• [Task brief]
In the records below, find each line holding the word "filler" and copy it.
++++++
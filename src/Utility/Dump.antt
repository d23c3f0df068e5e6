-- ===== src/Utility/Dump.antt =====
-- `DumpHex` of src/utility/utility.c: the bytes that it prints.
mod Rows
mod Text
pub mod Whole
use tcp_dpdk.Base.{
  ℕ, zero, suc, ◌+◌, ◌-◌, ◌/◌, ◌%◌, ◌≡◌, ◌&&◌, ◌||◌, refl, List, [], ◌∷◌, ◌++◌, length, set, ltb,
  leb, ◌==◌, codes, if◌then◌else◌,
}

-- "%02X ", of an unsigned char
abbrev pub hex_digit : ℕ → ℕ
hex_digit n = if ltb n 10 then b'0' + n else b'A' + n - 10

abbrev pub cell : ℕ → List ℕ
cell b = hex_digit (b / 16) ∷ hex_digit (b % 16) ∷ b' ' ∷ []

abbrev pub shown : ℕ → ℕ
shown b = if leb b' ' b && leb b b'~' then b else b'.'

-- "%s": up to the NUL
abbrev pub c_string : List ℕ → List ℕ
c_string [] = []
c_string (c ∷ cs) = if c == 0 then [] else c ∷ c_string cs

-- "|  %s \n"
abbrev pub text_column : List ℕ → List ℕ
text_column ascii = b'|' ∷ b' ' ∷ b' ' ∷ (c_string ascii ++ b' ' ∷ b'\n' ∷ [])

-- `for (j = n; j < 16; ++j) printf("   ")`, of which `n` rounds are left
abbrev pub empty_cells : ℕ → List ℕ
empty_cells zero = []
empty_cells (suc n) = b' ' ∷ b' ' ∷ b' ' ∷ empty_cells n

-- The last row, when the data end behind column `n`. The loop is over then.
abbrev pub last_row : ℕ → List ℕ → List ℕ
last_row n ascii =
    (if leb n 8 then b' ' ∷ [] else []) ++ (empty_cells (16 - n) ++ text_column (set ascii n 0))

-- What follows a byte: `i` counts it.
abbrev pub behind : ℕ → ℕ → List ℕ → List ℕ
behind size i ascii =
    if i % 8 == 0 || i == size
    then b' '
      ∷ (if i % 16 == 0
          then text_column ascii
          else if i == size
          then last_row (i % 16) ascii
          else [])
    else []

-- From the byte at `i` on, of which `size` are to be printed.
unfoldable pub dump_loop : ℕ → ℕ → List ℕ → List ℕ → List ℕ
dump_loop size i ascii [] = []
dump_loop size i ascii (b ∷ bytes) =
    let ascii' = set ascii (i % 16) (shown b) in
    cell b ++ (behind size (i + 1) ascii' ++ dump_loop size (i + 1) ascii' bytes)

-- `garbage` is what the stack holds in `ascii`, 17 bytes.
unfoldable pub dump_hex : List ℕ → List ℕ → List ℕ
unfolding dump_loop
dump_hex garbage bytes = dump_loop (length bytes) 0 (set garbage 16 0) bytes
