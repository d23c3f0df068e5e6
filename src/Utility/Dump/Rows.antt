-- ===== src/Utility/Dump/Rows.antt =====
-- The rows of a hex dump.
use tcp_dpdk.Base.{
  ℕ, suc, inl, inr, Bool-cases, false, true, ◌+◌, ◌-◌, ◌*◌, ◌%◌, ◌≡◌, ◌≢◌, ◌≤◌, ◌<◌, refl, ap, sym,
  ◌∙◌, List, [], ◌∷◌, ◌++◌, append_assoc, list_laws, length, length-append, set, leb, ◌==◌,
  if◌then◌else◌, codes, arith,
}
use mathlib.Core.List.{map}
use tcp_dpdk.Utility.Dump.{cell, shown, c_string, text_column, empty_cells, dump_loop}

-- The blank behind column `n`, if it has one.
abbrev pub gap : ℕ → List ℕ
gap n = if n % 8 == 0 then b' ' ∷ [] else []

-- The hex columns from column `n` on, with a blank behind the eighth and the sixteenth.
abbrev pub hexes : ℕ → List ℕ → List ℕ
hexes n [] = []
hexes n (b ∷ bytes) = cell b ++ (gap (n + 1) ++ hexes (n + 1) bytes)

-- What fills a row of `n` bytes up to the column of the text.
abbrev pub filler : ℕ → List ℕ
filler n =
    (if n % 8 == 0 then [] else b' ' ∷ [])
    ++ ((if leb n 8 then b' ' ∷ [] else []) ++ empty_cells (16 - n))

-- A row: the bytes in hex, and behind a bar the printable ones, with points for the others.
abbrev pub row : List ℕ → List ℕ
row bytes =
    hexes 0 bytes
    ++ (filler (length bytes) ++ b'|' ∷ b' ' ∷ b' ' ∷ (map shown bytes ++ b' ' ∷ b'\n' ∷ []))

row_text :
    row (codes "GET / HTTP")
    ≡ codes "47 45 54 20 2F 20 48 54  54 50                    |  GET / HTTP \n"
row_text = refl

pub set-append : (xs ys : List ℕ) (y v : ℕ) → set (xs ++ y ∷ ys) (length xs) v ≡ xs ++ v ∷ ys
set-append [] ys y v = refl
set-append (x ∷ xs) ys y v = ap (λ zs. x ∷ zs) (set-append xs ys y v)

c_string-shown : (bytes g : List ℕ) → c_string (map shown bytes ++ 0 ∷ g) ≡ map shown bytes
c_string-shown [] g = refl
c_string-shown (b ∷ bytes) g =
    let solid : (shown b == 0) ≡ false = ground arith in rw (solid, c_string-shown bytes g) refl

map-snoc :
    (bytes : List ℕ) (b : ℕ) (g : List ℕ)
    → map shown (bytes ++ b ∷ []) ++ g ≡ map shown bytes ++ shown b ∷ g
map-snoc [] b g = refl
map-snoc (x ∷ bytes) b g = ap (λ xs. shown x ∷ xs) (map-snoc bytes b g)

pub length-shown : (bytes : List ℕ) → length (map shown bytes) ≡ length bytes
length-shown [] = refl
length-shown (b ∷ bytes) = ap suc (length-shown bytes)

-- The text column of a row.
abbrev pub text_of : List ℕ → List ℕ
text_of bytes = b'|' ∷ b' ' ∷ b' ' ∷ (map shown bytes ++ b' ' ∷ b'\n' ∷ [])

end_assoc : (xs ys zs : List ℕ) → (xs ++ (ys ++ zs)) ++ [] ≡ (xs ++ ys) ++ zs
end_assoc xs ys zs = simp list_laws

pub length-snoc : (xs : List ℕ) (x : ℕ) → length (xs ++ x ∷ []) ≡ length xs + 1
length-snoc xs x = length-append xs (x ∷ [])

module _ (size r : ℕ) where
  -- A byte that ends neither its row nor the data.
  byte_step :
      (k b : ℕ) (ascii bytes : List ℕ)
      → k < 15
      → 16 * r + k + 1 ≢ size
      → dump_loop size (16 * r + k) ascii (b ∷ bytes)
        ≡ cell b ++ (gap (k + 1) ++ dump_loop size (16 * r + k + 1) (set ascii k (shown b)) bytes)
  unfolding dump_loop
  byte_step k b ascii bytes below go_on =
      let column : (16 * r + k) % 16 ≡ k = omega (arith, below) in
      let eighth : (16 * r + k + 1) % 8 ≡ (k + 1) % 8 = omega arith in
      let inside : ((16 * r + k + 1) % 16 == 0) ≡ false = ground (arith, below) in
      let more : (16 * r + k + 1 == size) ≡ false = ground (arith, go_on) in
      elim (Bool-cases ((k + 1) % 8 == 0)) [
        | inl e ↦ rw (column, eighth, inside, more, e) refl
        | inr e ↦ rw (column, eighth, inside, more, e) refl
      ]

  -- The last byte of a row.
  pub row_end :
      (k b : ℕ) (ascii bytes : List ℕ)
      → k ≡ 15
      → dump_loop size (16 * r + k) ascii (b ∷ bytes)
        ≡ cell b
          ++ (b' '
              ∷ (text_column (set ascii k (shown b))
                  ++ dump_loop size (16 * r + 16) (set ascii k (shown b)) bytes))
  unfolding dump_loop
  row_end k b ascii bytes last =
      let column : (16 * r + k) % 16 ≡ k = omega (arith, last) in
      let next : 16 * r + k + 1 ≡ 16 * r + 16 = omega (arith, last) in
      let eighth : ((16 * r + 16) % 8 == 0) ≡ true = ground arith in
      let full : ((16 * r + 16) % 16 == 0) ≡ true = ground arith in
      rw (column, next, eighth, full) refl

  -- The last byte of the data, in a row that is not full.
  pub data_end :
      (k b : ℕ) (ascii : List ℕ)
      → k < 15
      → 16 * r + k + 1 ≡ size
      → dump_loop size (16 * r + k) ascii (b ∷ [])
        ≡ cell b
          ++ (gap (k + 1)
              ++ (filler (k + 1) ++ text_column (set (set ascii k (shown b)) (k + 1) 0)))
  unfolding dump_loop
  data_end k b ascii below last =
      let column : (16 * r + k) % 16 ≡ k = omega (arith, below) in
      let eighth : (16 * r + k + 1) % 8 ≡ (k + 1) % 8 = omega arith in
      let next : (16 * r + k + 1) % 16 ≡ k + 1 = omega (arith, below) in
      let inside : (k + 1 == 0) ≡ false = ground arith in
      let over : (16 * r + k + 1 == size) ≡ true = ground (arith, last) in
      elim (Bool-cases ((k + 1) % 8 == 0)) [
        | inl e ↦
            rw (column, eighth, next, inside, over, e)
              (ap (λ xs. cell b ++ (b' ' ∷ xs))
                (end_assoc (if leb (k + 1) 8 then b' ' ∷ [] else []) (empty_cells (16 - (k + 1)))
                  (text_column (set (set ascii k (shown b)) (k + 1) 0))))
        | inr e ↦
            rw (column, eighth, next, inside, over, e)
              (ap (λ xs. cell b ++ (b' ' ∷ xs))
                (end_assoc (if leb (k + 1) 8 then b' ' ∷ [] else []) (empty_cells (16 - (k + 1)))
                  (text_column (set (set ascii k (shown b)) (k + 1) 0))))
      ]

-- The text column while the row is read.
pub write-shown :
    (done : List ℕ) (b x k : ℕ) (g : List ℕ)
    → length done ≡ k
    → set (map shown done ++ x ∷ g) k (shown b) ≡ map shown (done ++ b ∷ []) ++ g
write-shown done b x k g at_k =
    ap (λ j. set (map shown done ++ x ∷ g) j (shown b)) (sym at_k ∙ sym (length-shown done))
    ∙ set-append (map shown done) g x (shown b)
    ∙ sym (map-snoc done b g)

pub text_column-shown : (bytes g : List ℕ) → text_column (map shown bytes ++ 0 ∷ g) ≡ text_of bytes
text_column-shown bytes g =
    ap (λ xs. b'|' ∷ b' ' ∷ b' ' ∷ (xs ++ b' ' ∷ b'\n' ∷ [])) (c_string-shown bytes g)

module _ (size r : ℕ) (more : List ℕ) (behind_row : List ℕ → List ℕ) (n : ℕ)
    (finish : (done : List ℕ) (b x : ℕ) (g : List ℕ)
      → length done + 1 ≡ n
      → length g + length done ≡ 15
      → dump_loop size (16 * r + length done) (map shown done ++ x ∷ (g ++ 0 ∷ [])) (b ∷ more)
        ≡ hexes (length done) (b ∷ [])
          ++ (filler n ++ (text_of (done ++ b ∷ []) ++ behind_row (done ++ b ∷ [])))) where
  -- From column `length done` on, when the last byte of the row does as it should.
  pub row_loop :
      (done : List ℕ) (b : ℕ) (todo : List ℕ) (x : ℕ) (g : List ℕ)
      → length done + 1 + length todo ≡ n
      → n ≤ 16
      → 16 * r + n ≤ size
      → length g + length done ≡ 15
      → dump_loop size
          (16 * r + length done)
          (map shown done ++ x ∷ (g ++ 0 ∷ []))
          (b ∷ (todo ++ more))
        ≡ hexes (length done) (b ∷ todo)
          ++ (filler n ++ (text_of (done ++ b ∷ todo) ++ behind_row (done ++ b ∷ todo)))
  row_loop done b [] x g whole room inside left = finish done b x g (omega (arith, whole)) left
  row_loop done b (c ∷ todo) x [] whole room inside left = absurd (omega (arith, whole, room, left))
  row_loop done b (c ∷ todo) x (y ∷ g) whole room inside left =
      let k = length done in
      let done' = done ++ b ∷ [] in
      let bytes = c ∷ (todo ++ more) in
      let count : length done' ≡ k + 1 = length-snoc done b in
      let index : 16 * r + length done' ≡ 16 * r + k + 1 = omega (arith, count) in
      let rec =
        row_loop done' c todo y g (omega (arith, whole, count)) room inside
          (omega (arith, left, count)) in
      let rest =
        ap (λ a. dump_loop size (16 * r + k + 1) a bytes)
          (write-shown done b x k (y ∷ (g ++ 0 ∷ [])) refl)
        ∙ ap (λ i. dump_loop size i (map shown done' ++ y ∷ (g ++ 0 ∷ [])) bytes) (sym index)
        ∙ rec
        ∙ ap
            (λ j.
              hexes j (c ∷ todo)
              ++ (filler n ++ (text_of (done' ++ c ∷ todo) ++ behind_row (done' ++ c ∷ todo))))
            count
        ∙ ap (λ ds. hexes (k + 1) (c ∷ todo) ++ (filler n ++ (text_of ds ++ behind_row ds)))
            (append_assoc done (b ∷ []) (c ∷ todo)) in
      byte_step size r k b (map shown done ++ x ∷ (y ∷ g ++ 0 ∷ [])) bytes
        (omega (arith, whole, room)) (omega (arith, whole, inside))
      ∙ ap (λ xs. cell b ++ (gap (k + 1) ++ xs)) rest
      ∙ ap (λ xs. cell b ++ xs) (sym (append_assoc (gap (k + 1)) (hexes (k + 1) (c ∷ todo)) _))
++++++
• [Exercise response]
abbrev pub filler : ℕ → List ℕ
filler n =
    ++ (filler (length bytes) ++ b'|' ∷ b' ' ∷ b' ' ∷ (map shown bytes ++ b' ' ∷ b'\n' ∷ []))
              ++ (filler (k + 1) ++ text_column (set (set ascii k (shown b)) (k + 1) 0)))
          ++ (filler n ++ (text_of (done ++ b ∷ []) ++ behind_row (done ++ b ∷ [])))) where
          ++ (filler n ++ (text_of (done ++ b ∷ todo) ++ behind_row (done ++ b ∷ todo)))
              ++ (filler n ++ (text_of (done' ++ c ∷ todo) ++ behind_row (done' ++ c ∷ todo))))
        ∙ ap (λ ds. hexes (k + 1) (c ∷ todo) ++ (filler n ++ (text_of ds ++ behind_row ds)))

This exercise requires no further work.